- **Saved entries**:
⟨

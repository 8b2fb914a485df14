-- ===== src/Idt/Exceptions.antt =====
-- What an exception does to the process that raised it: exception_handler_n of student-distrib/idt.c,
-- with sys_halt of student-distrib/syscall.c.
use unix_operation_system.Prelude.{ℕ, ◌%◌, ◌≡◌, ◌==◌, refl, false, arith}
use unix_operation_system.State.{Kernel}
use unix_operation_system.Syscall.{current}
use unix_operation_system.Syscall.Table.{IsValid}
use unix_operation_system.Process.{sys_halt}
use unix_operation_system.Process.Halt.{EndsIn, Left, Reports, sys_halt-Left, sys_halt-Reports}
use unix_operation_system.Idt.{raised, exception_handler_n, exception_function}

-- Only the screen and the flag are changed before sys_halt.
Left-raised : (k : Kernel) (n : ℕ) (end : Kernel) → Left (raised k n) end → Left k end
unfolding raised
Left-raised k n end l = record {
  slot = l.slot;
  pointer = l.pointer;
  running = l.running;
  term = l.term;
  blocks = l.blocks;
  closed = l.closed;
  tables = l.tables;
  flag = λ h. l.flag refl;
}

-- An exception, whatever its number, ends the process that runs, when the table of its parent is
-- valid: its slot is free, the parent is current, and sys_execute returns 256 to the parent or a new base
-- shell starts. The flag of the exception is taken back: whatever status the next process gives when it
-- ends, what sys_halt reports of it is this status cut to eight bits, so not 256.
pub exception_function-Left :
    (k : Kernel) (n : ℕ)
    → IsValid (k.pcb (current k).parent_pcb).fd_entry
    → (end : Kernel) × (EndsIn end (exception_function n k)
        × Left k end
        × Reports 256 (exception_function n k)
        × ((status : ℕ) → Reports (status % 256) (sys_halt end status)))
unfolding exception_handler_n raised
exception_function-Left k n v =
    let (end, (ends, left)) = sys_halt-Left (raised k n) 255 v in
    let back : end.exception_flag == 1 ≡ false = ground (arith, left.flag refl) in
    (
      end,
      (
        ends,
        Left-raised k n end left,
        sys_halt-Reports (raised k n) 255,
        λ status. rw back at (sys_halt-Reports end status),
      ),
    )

⟩

- **What you need to do**: Retype each of the records, word for word, with nothing added or dropped.

- **Exercise output**:
repository 8b2fb914a485df14
-- ===== src/Idt/Exceptions.antt =====
-- What an exception does to the process that raised it: exception_handler_n of student-distrib/idt.c,
-- with sys_halt of student-distrib/syscall.c.
use unix_operation_system.Prelude.{ℕ, ◌%◌, ◌≡◌, ◌==◌, refl, false, arith}
use unix_operation_system.State.{Kernel}
use unix_operation_system.Syscall.{current}
use unix_operation_system.Syscall.Table.{IsValid}
use unix_operation_system.Process.{sys_halt}
use unix_operation_system.Process.Halt.{EndsIn, Left, Reports, sys_halt-Left, sys_halt-Reports}
use unix_operation_system.Idt.{raised, exception_handler_n, exception_function}

-- Only the screen and the flag are changed before sys_halt.
Left-raised : (k : Kernel) (n : ℕ) (end : Kernel) → Left (raised k n) end → Left k end
unfolding raised
Left-raised k n end l = record {
  slot = l.slot;
  pointer = l.pointer;
  running = l.running;
  term = l.term;
  blocks = l.blocks;
  closed = l.closed;
  tables = l.tables;
  flag = λ h. l.flag refl;
}

-- An exception, whatever its number, ends the process that runs, when the table of its parent is
-- valid: its slot is free, the parent is current, and sys_execute returns 256 to the parent or a new base
-- shell starts. The flag of the exception is taken back: whatever status the next process gives when it
-- ends, what sys_halt reports of it is this status cut to eight bits, so not 256.
pub exception_function-Left :
    (k : Kernel) (n : ℕ)
    → IsValid (k.pcb (current k).parent_pcb).fd_entry
    → (end : Kernel) × (EndsIn end (exception_function n k)
        × Left k end
        × Reports 256 (exception_function n k)
        × ((status : ℕ) → Reports (status % 256) (sys_halt end status)))
unfolding exception_handler_n raised
exception_function-Left k n v =
    let (end, (ends, left)) = sys_halt-Left (raised k n) 255 v in
    let back : end.exception_flag == 1 ≡ false = ground (arith, left.flag refl) in
    (
      end,
      (
        ends,
        Left-raised k n end left,
        sys_halt-Reports (raised k n) 255,
        λ status. rw back at (sys_halt-Reports end status),
      ),
    )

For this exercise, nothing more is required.